Saturday, October 22, 2011

Purgatory

I was going to write yesterday, but the massive tension headache made that impossible.  I felt as though my brain had been divided and the halves were at war with one another.  The Prosecutor received notice of our defenses and expressed an interest in settling outside of court in order to avoid trial.
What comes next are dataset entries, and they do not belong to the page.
-- ===== src/Store/Sorting.antt =====
-- What sorting rows and taking some of them keeps.
use bling.Prelude.{
  ℕ, zero, suc, ◌+◌, ◌≤◌, ◌<◌, ◌≡◌, refl, Bool, true, none, some, List, [], ◌∷◌, arith, ◌==◌, leb,
  if◌then◌else◌, keep, take, length, inl, inr, Bool-cases, subst, ap, ◌∙◌,
}
use bling.Store.Rows.{Row, lookup, IsKeyed}
use bling.Store.Queries.{insert_by, sort_by}
use bling.Store.Totals.{part, total_rows}

module _ {D : Type 0} where
  lookup-insert_by :
      (key : D → ℕ) (r : Row D) (rs : List (Row D)) (i : ℕ)
      → lookup r.0 rs ≡ none
      → lookup i (insert_by key r rs) ≡ (if r.0 == i then some r.1 else lookup i rs)
  unfolding insert_by lookup
  lookup-insert_by key r [] i free = ground arith
  lookup-insert_by key r (x ∷ rs) i free = ground (arith, lookup-insert_by key r rs i)

  insert_by-IsKeyed :
      (key : D → ℕ) (r : Row D) (rs : List (Row D))
      → lookup r.0 rs ≡ none
      → IsKeyed rs
      → IsKeyed (insert_by key r rs)
  unfolding insert_by lookup
  insert_by-IsKeyed key r [] free keyed = (refl, tt)
  insert_by-IsKeyed key r (x ∷ rs) free keyed = elim (Bool-cases (leb (key r.1) (key x.1))) [
    | inl before ↦
        subst IsKeyed {x = r ∷ x ∷ rs}
          {y = if leb (key r.1) (key x.1) then r ∷ x ∷ rs else x ∷ insert_by key r rs}
          (ground arith) (free, keyed)
    | inr later ↦
        subst IsKeyed {x = x ∷ insert_by key r rs}
          {y = if leb (key r.1) (key x.1) then r ∷ x ∷ rs else x ∷ insert_by key r rs}
          (ground arith)
          (
            ground (arith, free, keyed.0, lookup-insert_by key r rs x.0),
            insert_by-IsKeyed key r rs (ground (arith, free)) keyed.1,
          )
  ]

  pub lookup-sort_by :
      (key : D → ℕ) (rs : List (Row D)) (i : ℕ)
      → IsKeyed rs
      → lookup i (sort_by key rs) ≡ lookup i rs
  unfolding sort_by lookup
  lookup-sort_by key [] i keyed = refl
  lookup-sort_by key (r ∷ rs) i keyed = ground (
    arith,
    lookup-sort_by key rs i keyed.1,
    lookup-sort_by key rs r.0 keyed.1,
    keyed.0,
    lookup-insert_by key r (sort_by key rs) i,
  )

  pub sort_by-IsKeyed : (key : D → ℕ) (rs : List (Row D)) → IsKeyed rs → IsKeyed (sort_by key rs)
  unfolding sort_by
  sort_by-IsKeyed key [] keyed = keyed
  sort_by-IsKeyed key (r ∷ rs) keyed =
      insert_by-IsKeyed key r (sort_by key rs) (lookup-sort_by key rs r.0 keyed.1 ∙ keyed.0)
        (sort_by-IsKeyed key rs keyed.1)

  total_rows-insert_by :
      (p : D → Bool) (f : D → ℕ) (key : D → ℕ) (r : Row D) (rs : List (Row D))
      → total_rows p f (insert_by key r rs) ≡ part p f r.1 + total_rows p f rs
  unfolding insert_by total_rows
  total_rows-insert_by p f key r [] = refl
  total_rows-insert_by p f key r (x ∷ rs) = ground (arith, total_rows-insert_by p f key r rs)

  pub total_rows-sort_by :
      (p : D → Bool) (f : D → ℕ) (key : D → ℕ) (rs : List (Row D))
      → total_rows p f (sort_by key rs) ≡ total_rows p f rs
  unfolding sort_by total_rows
  total_rows-sort_by p f key [] = refl
  total_rows-sort_by p f key (r ∷ rs) =
      ground (arith, total_rows-insert_by p f key r (sort_by key rs), total_rows-sort_by p f key rs)

  pub lookup-keep :
      (p : D → Bool) (rs : List (Row D)) (i : ℕ) (d : D)
      → IsKeyed rs
      → lookup i (keep (λ r. p r.1) rs) ≡ some d
      → (lookup i rs ≡ some d) × (p d ≡ true)
  unfolding lookup
  lookup-keep p [] i d keyed h = ground arith
  lookup-keep p (r ∷ rs) i d keyed h = (
    ground (arith, keyed.0, lookup-keep p rs i d keyed.1),
    ground (arith, keyed.0, lookup-keep p rs i d keyed.1),
  )

  lookup-keep-none :
      (p : D → Bool) (rs : List (Row D)) (i : ℕ)
      → lookup i rs ≡ none
      → lookup i (keep (λ r. p r.1) rs) ≡ none
  unfolding lookup
  lookup-keep-none p [] i h = refl
  lookup-keep-none p (r ∷ rs) i h = ground (arith, lookup-keep-none p rs i)

  pub keep-IsKeyed :
      (p : D → Bool) (rs : List (Row D)) → IsKeyed rs → IsKeyed (keep (λ r. p r.1) rs)
  keep-IsKeyed p [] keyed = keyed
  keep-IsKeyed p (r ∷ rs) keyed = elim (Bool-cases (p r.1)) [
    | inl kept ↦
        subst IsKeyed {x = r ∷ keep (λ r. p r.1) rs} {y = keep (λ r. p r.1) (r ∷ rs)} (ground arith)
          (lookup-keep-none p rs r.0 keyed.0, keep-IsKeyed p rs keyed.1)
    | inr dropped ↦
        subst IsKeyed {x = keep (λ r. p r.1) rs} {y = keep (λ r. p r.1) (r ∷ rs)} (ground arith)
          (keep-IsKeyed p rs keyed.1)
  ]

  pub lookup-take :
      (n : ℕ) (rs : List (Row D)) (i : ℕ) (d : D)
      → lookup i (take n rs) ≡ some d
      → lookup i rs ≡ some d
  unfolding lookup
  lookup-take zero rs i d h = ground arith
  lookup-take (suc n) [] i d h = h
  lookup-take (suc n) (r ∷ rs) i d h = ground (arith, lookup-take n rs i d)

  lookup-take-none :
      (n : ℕ) (rs : List (Row D)) (i : ℕ) → lookup i rs ≡ none → lookup i (take n rs) ≡ none
  unfolding lookup
  lookup-take-none zero rs i h = refl
  lookup-take-none (suc n) [] i h = refl
  lookup-take-none (suc n) (r ∷ rs) i h = ground (arith, lookup-take-none n rs i)

  pub take-IsKeyed : (n : ℕ) (rs : List (Row D)) → IsKeyed rs → IsKeyed (take n rs)
  take-IsKeyed zero rs keyed = tt
  take-IsKeyed (suc n) [] keyed = keyed
  take-IsKeyed (suc n) (r ∷ rs) keyed =
      (lookup-take-none n rs r.0 keyed.0, take-IsKeyed n rs keyed.1)

  -- Fewer rows taken than asked for are all of them.
  pub take-all : (n : ℕ) (rs : List (Row D)) → length (take n rs) < n → take n rs ≡ rs
  take-all zero rs few = ground arith
  take-all (suc n) [] few = refl
  take-all (suc n) (r ∷ rs) few = ap (λ l. r ∷ l) (take-all n rs (ground arith))

  pub length-take : (n : ℕ) (rs : List (Row D)) → length (take n rs) ≤ n
  length-take zero rs = ground arith
  length-take (suc n) [] = ground arith
  length-take (suc n) (r ∷ rs) = ground (arith, length-take n rs)

  -- A total over the rows that pass a test is a total with that test.
  pub total_rows-keep :
      (p q : D → Bool) (f : D → ℕ) (rs : List (Row D))
      → ((d : D) → p d ≡ true → q d ≡ true)
      → total_rows p f (keep (λ r. q r.1) rs) ≡ total_rows p f rs
  unfolding total_rows
  total_rows-keep p q f [] h = refl
  total_rows-keep p q f (r ∷ rs) h = ground (arith, h r.1, total_rows-keep p q f rs h)

  pub total_rows-length :
      (p : D → Bool) (rs : List (Row D))
      → IsKeyed rs
      → ((i : ℕ) (d : D) → lookup i rs ≡ some d → p d ≡ true)
      → total_rows p (λ d. 1) rs ≡ length rs
  unfolding total_rows lookup
  total_rows-length p [] keyed all = refl
  total_rows-length p (r ∷ rs) keyed all = ground (
    arith,
    all r.0 r.1,
    total_rows-length p rs keyed.1 (λ i d h. all i d (ground (arith, h, keyed.0))),
  )

  -- No more rows than asked for are all taken.
  pub take_enough : (n : ℕ) (rs : List (Row D)) → length rs ≤ n → take n rs ≡ rs
  take_enough zero [] few = refl
  take_enough zero (r ∷ rs) few = ground arith
  take_enough (suc n) [] few = refl
  take_enough (suc n) (r ∷ rs) few = ap (λ l. r ∷ l) (take_enough n rs (ground arith))

  -- The row of a document among those that pass a test.
  pub lookup-keep_test :
      (p : D → Bool) (rs : List (Row D)) (i : ℕ) (d : D)
      → IsKeyed rs
      → lookup i rs ≡ some d
      → lookup i (keep (λ r. p r.1) rs) ≡ (if p d then some d else none)
  unfolding lookup
  lookup-keep_test p [] i d keyed h = ground arith
  lookup-keep_test p (r ∷ rs) i d keyed h =
      ground (arith, keyed.0, lookup-keep-none p rs i, lookup-keep_test p rs i d keyed.1)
The offers were all bleak.  They served as stark reminders that the Prosecutor believes my husband to be guilty of all charges.  The only reduction we saw was in regards to the sentence, all of the deals were for felony-level convictions.  We countered with reduction of the severity of the crime, but the prosecutor is unwilling to consider a lesser conviction level. 
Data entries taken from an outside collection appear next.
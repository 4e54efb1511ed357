-- ===== src/Payouts/Finishing.antt =====
-- When a run of payouts is finished (frontend/convex/payouts.ts, `finishRuns`).
use bling.Prelude.{
  ℕ, ◌≤◌, ◌≡◌, inl, inr, refl, true, false, not, ◌&&◌, none, some, List, [], ◌∷◌, arith, ◌==◌,
  if◌then◌else◌, length, keep, Bool-cases, ◌∙◌, ap, subst,
}
use bling.Store.Interface.{Convex}
use bling.Store.Rows.{Row, lookup, IsKeyed}
use bling.Store.Queries.{Table, get, replace, get-replace, collect}
use bling.Store.Sorting.{take_enough, lookup-keep, lookup-keep_test, keep-IsKeyed}
use bling.Schema.Status.{RunStatus, PayoutItemStatus}
use bling.Schema.Docs.{PayoutRun, PayoutItem}
use bling.Schema.State.{Env, Db}
use bling.Payouts.Runs.{run_eq, has_item, is_in_flight, finish_each, finish}

module _ ⦃c : Convex⦄ where
  abbrev pub finished : (now id : ℕ) → Table PayoutItem → PayoutRun → PayoutRun
  finished now id items run = record run {
    status =
        if has_item id PayoutItemStatus.failed items
        then RunStatus.partial_failed
        else RunStatus.completed;
    completed_at = some now;
  }

  finish_each-get :
      (now : ℕ) (rs : List (Row PayoutRun)) (items : Table PayoutItem) (t : Table PayoutRun)
      (id : ℕ)
      → IsKeyed rs
      → ((i : ℕ) (d : PayoutRun) → lookup i rs ≡ some d → get t i ≡ some d)
      → get (finish_each now rs items t) id ≡ elim (lookup id rs) [
        | none ↦ get t id
        | some run ↦ if is_in_flight id items then get t id else some (finished now id items run)
      ]
  unfolding finish_each lookup
  finish_each-get now [] items t id keyed there = refl
  finish_each-get now ((j, run) ∷ rest) items t id keyed there =
      let at_j : get t j ≡ some run = there j run (ground arith) in
      elim (Bool-cases (is_in_flight j items)) [
        | inl in_flight ↦
            let same_j =
              finish_each-get now rest items t id keyed.1
                (λ i d h. there i d (ground (arith, h, keyed.0))) in
            elim (Bool-cases (j == id)) [
              | inl here ↦
                  let j_is : j ≡ id = ground arith in
                  ground (
                    arith,
                    same_j,
                    subst (λ k. is_in_flight k items ≡ true) j_is in_flight,
                    subst (λ k. lookup k rest ≡ none) j_is keyed.0,
                  )
              | inr other ↦ ground (arith, same_j)
            ]
        | inr settled ↦
            let later =
              finish_each-get now rest items (replace j (finished now j items run) t) id keyed.1
                (λ i d h. ground (
                  arith,
                  h,
                  keyed.0,
                  there i d,
                  get-replace j (finished now j items run) run t i at_j,
                )) in
            let written = get-replace j (finished now j items run) run t id at_j in
            elim (Bool-cases (j == id)) [
              | inl here ↦
                  let j_is : j ≡ id = ground arith in
                  ground (
                    arith,
                    later,
                    written,
                    subst (λ k. is_in_flight k items ≡ false) j_is settled,
                    subst (λ k. lookup k rest ≡ none) j_is keyed.0,
                    ap (λ k. finished now k items run) j_is,
                  )
              | inr other ↦ ground (arith, later, written)
            ]
      ]

  -- Where no more than twelve runs are being processed, finishing them completes each that has no payout
  -- in flight, as failed in part where one of its payouts failed, and leaves every other run as it was.
  pub finish-completes :
      (env : Env) (db : Db) (id : ℕ) (run : PayoutRun)
      → length (collect (λ r. run_eq r.status RunStatus.processing) db.payouts.runs) ≤ 12
      → get db.payouts.runs id ≡ some run
      → get (finish env db).payouts.runs id
        ≡ some (
            if run_eq run.status RunStatus.processing && not (is_in_flight id db.payouts.items)
            then finished env.now id db.payouts.items run
            else run)
  unfolding finish collect get
  finish-completes env db id run few there =
      let processing = λ (r : PayoutRun). run_eq r.status RunStatus.processing in
      let t = db.payouts.runs in
      let rs = keep (λ r. processing r.1) (c.rows t) in
      let all = take_enough 12 rs few in
      let after =
        finish_each-get env.now rs db.payouts.items t id
          (keep-IsKeyed processing (c.rows t) (c.keyed t))
          (λ i d h. (lookup-keep processing (c.rows t) i d (c.keyed t) h).0) in
      let own = lookup-keep_test processing (c.rows t) id run (c.keyed t) there in
      ap (λ l. get (finish_each env.now l db.payouts.items t) id) all
      ∙ after
      ∙ ground (arith, own, there)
He wants Alberto to plead guilty and be handed the maximum sentence with a condition that he will not serve more than 1 year and have 5 years of probation.  I would say 1 year instead of 7 years would be a good deal, but if we accept then our immigration case loses most of its strength.  Lance even said that although an approved waiver is still possible, the chance of that happening with a felony conviction is less than 30%.  My opinion is that I am scared as hell.  The best Brian can tell us is a jury trial is always 50-50 and that if Alberto is convicted he will likely suffer the same fate as his brother.  Dios mío ¿que hagamos ahora?

Saturday began much earlier than I would have liked, but we needed to talk face to face about what we were going to do.  So I left Ashley at home sleeping since my parents agreed to watch her until I got home and went to jail.  I spent 45 minutes in the waiting area which isn’t bad at all considering I arrived an hour before visiting time was to begin.  I tried to enjoy my quiet time with a book, but I couldn’t really get into it since I had so many thoughts running through my head.  What do I tell Alberto when he asks for my opinion?  It was easier when he was trying to decide if he was going to turn himself in at the border; we would have had no further recourse without taking that chance.  We are down to the line and we have to make a decision; are we going to accept a deal, or take our chances at trial?  The idea of the fate of our family resting in the hands of 12 jurors is frightening!  They could be biased and hate Mexicans, or they could not care and just go with the people that want to see another Mexican get what he deserves.  They aren’t going to be told about the legal hoops we jumped through to try to get him back legally to face the charges, they aren’t going to be told he was exiled from his family for 3 years before someone suggested he turn himself in to get extradited.  They will be there to hear about a criminal matter, not an immigration situation that dictated our actions.

As I sat in that horrid visitor’s box with its tiny stool anchored to the floor, phone attached to the cement block wall, and bullet proof glass window I thought why did this have to happen to us?  What did we do to deserve such punishment?  Alberto sat on his side of the glass and so began the hardest conversation of my life.  I couldn’t stop the tears from escaping as discussed our options. 1) Take the deal, go to jail, waiver denied, get deported, and move to Mexico and join the community of ExPats.  2) Take the deal, go to jail, waiver approved, and live happily ever after.  3) Go to trial, declared guilty, go to jail, waiver denied, get deported, and move to Mexico and join the community of ExPats.  4) Go to trial, declared innocent, waiver approved, and live happily ever after. How do you make that decision?  I need a sign, something that helps us choose the right path.  Something subtle will never work; I need something that says in bright bold letters, “DEZA YOU MORON, DO THIS!”  I don’t want to make this decision!  I don’t want to opine something and have it go horribly wrong!  I don’t want everything I’ve fought for to lay ruined at my feet; the immigration attorney’s fee now rendered a donation.  I still owe Brian the rest of his fee which has been determined to be $1,800 based on what I’ve paid since June and the guesstimate of $750 paid before they lost our accounting records.

Please God let something turn out right for us.  I just need a sign, a hint, a clue telling me which path to choose.



“I must not fear.  Fear is the mind-killer.  Fear is the little-death that brings total obliteration.  I will face my fear…  And when it is gone past I will turn the inner eye to see its path.  Where the fear is gone there will be nothing.  Only I will remain.”
Frank Herbert



Ciao



Interesting Spanish Words/Phrases:

Dios mío ¿qué hagamos ahora?            My God, what do we do now?

1 comment:

  1. I pray that whatever you choose that it turns out to be the right one for you and your family. You will be in my thoughts and prayers.